Data entries
- - -
-- ===== src/Daemon/Session/Answered.antt =====
-- internal/daemon/protocol.go: a client that knows the secret gets its command's answer.
use joyrun.Base.{String, ◌≡◌, refl, true, Option, some, List, [], ◌∷◌, ◌++◌, eq_refl, append-nil}
use joyrun.Base.Text.{Text}
use joyrun.Daemon.Frames.{write_frame}
use joyrun.Daemon.Frames.RoundTrip.{read_frame-write_frame}
use joyrun.Daemon.Session.{
  Response, Server, Codec, Handler, answer_with, is_zero_code, hello_ok, hello_of, request_of,
  method_of, serve_request, serve, read_value, call_input, call_output,
}

-- A value that was written is read back, if the two JSON functions agree on it.
read_value-write_frame :
    {A : Type 0} (json : Codec) (parse : Text → Option A) (body rest : Text) {a : A} {sent : Text}
    → write_frame body ≡ some sent
    → parse body ≡ some a
    → read_value json parse (sent ++ rest) ≡ some (a, rest)
unfolding read_value
read_value-write_frame json parse body rest w p = rw (read_frame-write_frame body rest w, p) refl

module _ (json : Codec) (server : Server) (handler : Handler) where
  -- What the daemon answers to a command.
  abbrev pub outcome : String → String → List String → Response
  outcome id cwd args =
      let (code, out, errors) = handler args cwd in
      answer_with json server (request_of json id cwd args) (is_zero_code json server code) code out
        errors ""

  -- A call with the session's secret, of a command other than `daemon stop` and `daemon status`, runs
  -- exactly that command and hands its exit code and texts back to the client, where a connection is
  -- free, the four messages fit into frames, and JSON reads back what it wrote of them.
  pub call-serve :
      (version id cwd : String) (args : List String)
      {hello_frame request_frame greeting reply : Text}
      → method_of args ≡ "command.execute"
      → write_frame (json.request (hello_of json version server.secret)) ≡ some hello_frame
      → write_frame (json.request (request_of json id cwd args)) ≡ some request_frame
      → write_frame (json.hello (hello_ok json server)) ≡ some greeting
      → write_frame (json.response (outcome id cwd args)) ≡ some reply
      → json.to_request (json.request (hello_of json version server.secret))
        ≡ some (hello_of json version server.secret)
      → json.to_request (json.request (request_of json id cwd args))
        ≡ some (request_of json id cwd args)
      → json.to_hello (json.hello (hello_ok json server)) ≡ some (hello_ok json server)
      → json.to_response (json.response (outcome id cwd args)) ≡ some (outcome id cwd args)
      → let s = serve json server true (some handler) (hello_frame ++ request_frame) in
        (call_input json version server.secret id cwd args ≡ some (hello_frame ++ request_frame))
        × (s.handled ≡ (args, cwd) ∷ [])
        × (call_output json s.output ≡ some (outcome id cwd args))
  unfolding serve serve_request call_input call_output
  call-serve version id cwd args {hello_frame} {request_frame} {greeting} {reply} command wh wr wg
        wp jh jr jg jp =
      let heard_hello : read_value json json.to_request (hello_frame ++ request_frame)
          ≡ some (hello_of json version server.secret, request_frame) =
        read_value-write_frame json json.to_request _ request_frame wh jh in
      let heard_request : read_value json json.to_request request_frame
          ≡ some (request_of json id cwd args, []) =
        rw (← append-nil request_frame) (read_value-write_frame json json.to_request _ [] wr jr) in
      let answer : read_value json json.to_response reply ≡ some (outcome id cwd args, []) =
        rw (← append-nil reply) (read_value-write_frame json json.to_response _ [] wp jp) in
      let greeted : read_value json json.to_hello (greeting ++ reply)
          ≡ some (hello_ok json server, reply) =
        read_value-write_frame json json.to_hello _ reply wg jg in
      (
        rw (wh, wr) refl,
        rw (heard_hello, eq_refl server.secret, wg, heard_request, command) refl,
        rw (heard_hello, eq_refl server.secret, wg, heard_request, command, wp, greeted, answer)
            refl,
      )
- - -
WHAT IS BEING ASKED: Among the records above, extract exactly the lines from the line with "let (code, out, errors)" to the line with "args)) ≡ some reply", both lines included, and leave out the rest.

SOLUTION TO THIS EXERCISE:
      let (code, out, errors) = handler args cwd in
      answer_with json server (request_of json id cwd args) (is_zero_code json server code) code out
        errors ""

  -- A call with the session's secret, of a command other than `daemon stop` and `daemon status`, runs
  -- exactly that command and hands its exit code and texts back to the client, where a connection is
  -- free, the four messages fit into frames, and JSON reads back what it wrote of them.
  pub call-serve :
      (version id cwd : String) (args : List String)
      {hello_frame request_frame greeting reply : Text}
      → method_of args ≡ "command.execute"
      → write_frame (json.request (hello_of json version server.secret)) ≡ some hello_frame
      → write_frame (json.request (request_of json id cwd args)) ≡ some request_frame
      → write_frame (json.hello (hello_ok json server)) ≡ some greeting
      → write_frame (json.response (outcome id cwd args)) ≡ some reply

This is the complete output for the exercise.